Трудно было сказать, куда они едут. Стояло лето, было тепло, дождя не было, и ночной воздух, врывающийся через оконце, пах лесом. Александр закрыл глаза и потер переносицу, невольно вспоминая влажное полотенце на своем лице и губы Татьяны. Чем дольше они ехали, тем острее становились воспоминания, и он едва ли не стонал, чувствуя, как кровь из его носа капает на белую простыню, а Татьяна прижимает его голову к груди, бормоча: «Тебя скармливали мне живьем, Шура».
Глава 34
Джеб, ноябрь 1945 года
Татьяна согласилась на обед с Эдвардом. Викки осталась с Энтони. Татьяна принарядилась: надела синюю юбку и бежевый свитер из мериносовой шерсти, но, как Викки ни уговаривала, не стала распускать волосы, а заплела их в длинную косу и обошлась без косметики. Поверх Татьяна надела пальто и шарф, села на диван и стала ждать с Энтони на коленях, открыв книжку с картинками.
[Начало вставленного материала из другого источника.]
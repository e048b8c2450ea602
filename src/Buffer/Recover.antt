-- ===== src/Buffer/Recover.antt =====
-- What `PotatoDB::new` does with the rows of the Arrow log.
use potatodb.Prelude.{
  String, true, false, Option, none, some, List, [], ◌∷◌, is_empty, if◌then◌else◌,
}
use potatodb.Prelude.HashMap.{HashMap, get}
use potatodb.Arrow.Log.{Disk, recover}
use potatodb.Buffer.State.{Env, Db, Reply, done, failed, ◌>>=◌}
use potatodb.Buffer.Flush.{flush_table}
use potatodb.Buffer.Insert.{Moment, buffer_insert_batches}

module _ (e : Env) where
  open e use {ipc}

  -- The rows of a table that is in the catalog.
  abbrev pub replay_table : Moment → String → List ipc.Batch → Db e → Reply e (Unit {0})
  replay_table m table batches d = elim (get d.catalog.tables table) [
    | none ↦ done tt d
    | some meta ↦
        (buffer_insert_batches e m table none batches d >>= λ _ d1.
        flush_table e m.faults table d1 >>= λ _ d2. done tt d2)
  ]

  unfoldable pub replay_tables : Moment → HashMap (List ipc.Batch) → Db e → Reply e (Unit {0})
  unfolding buffer_insert_batches flush_table get
  replay_tables m [] d = done tt d
  replay_tables m ((table, batches) ∷ recovered) d =
      replay_table m table batches d >>= λ _ d1. replay_tables m recovered d1

  abbrev pub replay_recovered :
      Moment → Db e → Option (HashMap (List ipc.Batch)) → Reply e (Unit {0})
  replay_recovered m d none = failed d
  replay_recovered m d (some recovered) =
      if is_empty recovered
      then done tt d
      else (replay_tables m recovered (record d { replaying_wal = true }) >>= λ _ d1.
          done tt (record d1 { replaying_wal = false }))

  -- `dir` is the directory of the Arrow log.
  unfoldable pub recover_arrow : Moment → Disk → Db e → Reply e (Unit {0})
  unfolding replay_tables recover
  recover_arrow m dir d = replay_recovered m d (recover ipc dir)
– Что ты так беспокоишься? – спросила Викки, крутясь вокруг них и складывая газеты в стопку. – Ты постоянно ходишь с ним на ланч. Меняется только название приема пищи.
– И время суток.
– Да, и это тоже.
Татьяна больше ничего не сказала, делая вид, что занята книжкой Энтони.
Эдвард приехал, облаченный в костюм. Викки высказала свое мнение по поводу его внешнего вида. Татьяна согласилась, что Эдвард отлично выглядит. Он был довольно высокий, стройный и невозмутимый. Он хорошо держался и в костюме, и в белом докторском халате. У него были серьезные добрые глаза. Рядом с ним она чувствовала себя спокойно и в то же время крайне неуютно.
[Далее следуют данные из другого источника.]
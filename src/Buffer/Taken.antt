-- ===== src/Buffer/Taken.antt =====
-- What a flush leaves in the buffer, wherever it ends.
use potatodb.Prelude.{
  ℕ, ◌≡◌, refl, sym, ap, ◌∙◌, subst, String, Bool, true, false, ◌||◌, Option, none, some, [],
  is_empty, ◌==◌, if◌then◌else◌, str_eq, str_eq_iff, Bool-cases, inl, inr,
}
use potatodb.Prelude.HashMap.{HashMap, get, remove, get-remove}
use potatodb.Catalog.State.{Catalog}
use potatodb.Arrow.Log.{ArrowWal, Faults, Outcome, checkpoint_table}
use potatodb.Buffer.State.{
  Env, BufferedInsert, Db, Reply, done, failed, ◌>>=◌, before_insert, after_insert, target_columns,
}
use potatodb.Buffer.Flush.{
  checked, on_world, on_catalog, on_arrow, maybe_auto_analyze, next_temp_table, drop_log,
  write_rows, flush_table,
}
use potatodb.Buffer.Sound.{Ends}
use potatodb.Buffer.Stage.{same_analyzed}

module _ {e : Env} where
  -- The property of the state that a call leaves, whether it returns Ok or not.
  abbrev pub Leaves : {A : Type 0} → (Db e → Type 0) → Reply e A → Type 0
  Leaves P (done a d) = P d
  Leaves P (failed d) = P d

  pub Leaves-bind :
      {A B : Type 0} (P : Db e → Type 0) (m : Reply e A) (f : A → Db e → Reply e B)
      → Leaves P m
      → ((a : A) (d : Db e) → P d → Leaves P (f a d))
      → Leaves P (m >>= f)
  Leaves-bind P (done a d) f h k = k a d h
  Leaves-bind P (failed d) f h k = h

  pub Leaves-Ends : {A : Type 0} (P : Db e → Type 0) (m : Reply e A) → Leaves P m → Ends P m
  Leaves-Ends P (done a d) h = h
  Leaves-Ends P (failed d) h = tt

  Leaves-map :
      {A : Type 0} (P Q : Db e → Type 0) (m : Reply e A)
      → ((d : Db e) → P d → Q d)
      → Leaves P m
      → Leaves Q m
  Leaves-map P Q (done a d) f h = f d h
  Leaves-map P Q (failed d) f h = f d h

  module _ (B : HashMap (BufferedInsert e)) where
    abbrev Same : Db e → Type 0
    Same d = d.write_buffer ≡ B

    checked-Same : (d : Db e) (x : e.World × Option e.Merges) → Same d → Leaves Same (checked e d x)
    checked-Same d (world, none) h = h
    checked-Same d (world, some merges) h = h

    on_world-Same : (d : Db e) (x : e.World × Bool) → Same d → Leaves Same (on_world e d x)
    on_world-Same d (world, true) h = h
    on_world-Same d (world, false) h = h

    on_catalog-Same :
        (d : Db e) (x : Catalog × e.World × Bool) → Same d → Leaves Same (on_catalog e d x)
    on_catalog-Same d (catalog, world, true) h = h
    on_catalog-Same d (catalog, world, false) h = h

    drop_log-Same :
        (f : Faults) (table : String) (d : Db e) → Same d → Leaves Same (drop_log e f table d)
    drop_log-Same f table d h = opened d.arrow_wal
      where
        dropped : (o : Outcome) → Leaves Same (on_arrow e d o)
        dropped (Outcome.ok w) = h
        dropped (Outcome.err w) = h

        opened :
            (o : Option ArrowWal)
            → Leaves Same
                (elim o [ none ↦ done tt d | some w ↦ on_arrow e d (checkpoint_table f table w) ])
        opened none = h
        opened (some w) = dropped (checkpoint_table f table w)

    -- Nothing after the first step of a flush puts rows back into the buffer.
    write_rows-Same :
        (f : Faults) (table : String) (entry : BufferedInsert e) (d : Db e)
        → Same d
        → Leaves Same (write_rows e f table entry d)
    unfolding write_rows
    write_rows-Same f table entry d h =
        let columns = target_columns entry.columns (get d.catalog.tables table) in
        Leaves-bind Same _ _
          (checked-Same d (e.validate before_insert table columns entry.batches d.catalog d.world)
            h)
          λ merges d1 h1.
            Leaves-bind Same _ _
              (on_world-Same (next_temp_table e d1)
                (e.write d1.temp_table_counter table entry.columns entry.batches d1.catalog
                  d1.world)
                h1)
              λ u d2 h2.
                Leaves-bind Same _ _
                  (checked-Same d2 (e.validate after_insert table columns [] d2.catalog d2.world)
                    h2)
                  λ kept d3 h3.
                    Leaves-bind Same _ _
                      (drop_log-Same f table (record d3 { world = e.merge merges d3.world }) h3)
                      λ u d4 h4.
                        let d5 = maybe_auto_analyze e table entry.row_count d4 in
                        Leaves-bind Same _ _
                          (on_catalog-Same d5 (e.refresh table d5.catalog d5.world)
                            ((same_analyzed table entry.row_count d4).0 ∙ h4))
                          λ u d6 h6.
                            Leaves-bind Same _ _
                              (on_catalog-Same d6 (e.compact table d6.catalog d6.world) h6)
                              λ u d7 h7. h7

  -- A flush takes the table's entry out of the buffer, and no other one.
  pub flush_table-Leaves :
      (f : Faults) (table t : String) (d : Db e)
      → Leaves
          (λ x. get x.write_buffer t ≡ (if str_eq table t then none else get d.write_buffer t))
          (flush_table e f table d)
  unfolding flush_table
  flush_table-Leaves f table t d = taken (get d.write_buffer table) refl
    where
      rest : Db e
      rest = record d { write_buffer = remove d.write_buffer table }

      Taken : Db e → Type 0
      Taken x = get x.write_buffer t ≡ (if str_eq table t then none else get d.write_buffer t)

      unchanged : get d.write_buffer table ≡ none → Taken d
      unchanged q = elim (Bool-cases (str_eq table t)) [
        | inl z ↦ rw z (ap (get d.write_buffer) (sym ((str_eq_iff table t).0 z)) ∙ q)
        | inr z ↦ rw z refl
      ]

      taken :
          (o : Option (BufferedInsert e))
          → get d.write_buffer table ≡ o
          → Leaves {A = ℕ} Taken (elim o [
            | none ↦ done 0 d
            | some entry ↦
                (if entry.row_count == 0 || is_empty entry.batches
                  then done 0 rest
                  else write_rows e f table entry rest)
          ])
      taken none q = unchanged q
      taken (some entry) q = elim (Bool-cases (entry.row_count == 0 || is_empty entry.batches)) [
        | inl y ↦ rw y (get-remove d.write_buffer table t)
        | inr y ↦ rw y (
            Leaves-map (λ x. x.write_buffer ≡ rest.write_buffer) Taken
              (write_rows e f table entry rest)
              (λ x h. ap (λ B. get B t) h ∙ get-remove d.write_buffer table t)
              (write_rows-Same rest.write_buffer f table entry rest refl))
      ]

-- A flush that fails has taken the table's entry out of the buffer, wherever it fails, and leaves
-- the entries of the other tables.
pub flush_table_failed :
    {e : Env} (f : Faults) (table : String) (d d1 : Db e) (t : String)
    → flush_table e f table d ≡ failed d1
    → get d1.write_buffer t ≡ (if str_eq table t then none else get d.write_buffer t)
flush_table_failed f table d d1 t q =
    subst
      (Leaves λ x. get x.write_buffer t ≡ (if str_eq table t then none else get d.write_buffer t)) q
      (flush_table-Leaves f table t d)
Эдвард повез Татьяну в ресторан «Сарди» на Сорок четвертой улице. Татьяна выбрала креветки под соусом и стейк, на десерт был шоколадный торт и кофе.
После первой неловкой паузы она весь обед задавала Эдварду вопросы и слушала его ответы. Она задавала ему вопросы по медицине и хирургии, спрашивала про раненых, больных и умирающих. Она спрашивала его о больницах, в которых он работал, и почему он выбрал эту профессию, и важно ли для него по-прежнему быть врачом. Она спрашивала его о местах Америки, в которых он побывал, и какое место ему нравится больше всего. Она смотрела ему прямо в глаза и смеялась в нужный момент.
И в промежутке между шоколадным тортом и счетом Татьяна, слушая, кивая, слегка наклонив голову набок, вдруг увидела цветную картинку, на которой она, как сейчас, сидела напротив Эдварда, только стол был длиннее, и они были гораздо старше, и с ними сидели их взрослые дети, все дочери.
Она привстала с места и спросила у официанта время.
– Десять часов? Боже, как поздно! Мне надо к Энтони. Я очень приятно провела вечер, спасибо.
Немного обескураженный, Эдвард отвез ее домой на такси.
Всю дорогу от Сорок четвертой улицы она смотрела в окно. Где-то в районе Двадцать третьей улицы Эдвард спросил:
– Как тебе это удается? Представляю, каким я был занудой, говоря только о себе.
– Вовсе нет, – ответила она. – Мне было очень интересно. Ты же знаешь, я люблю слушать.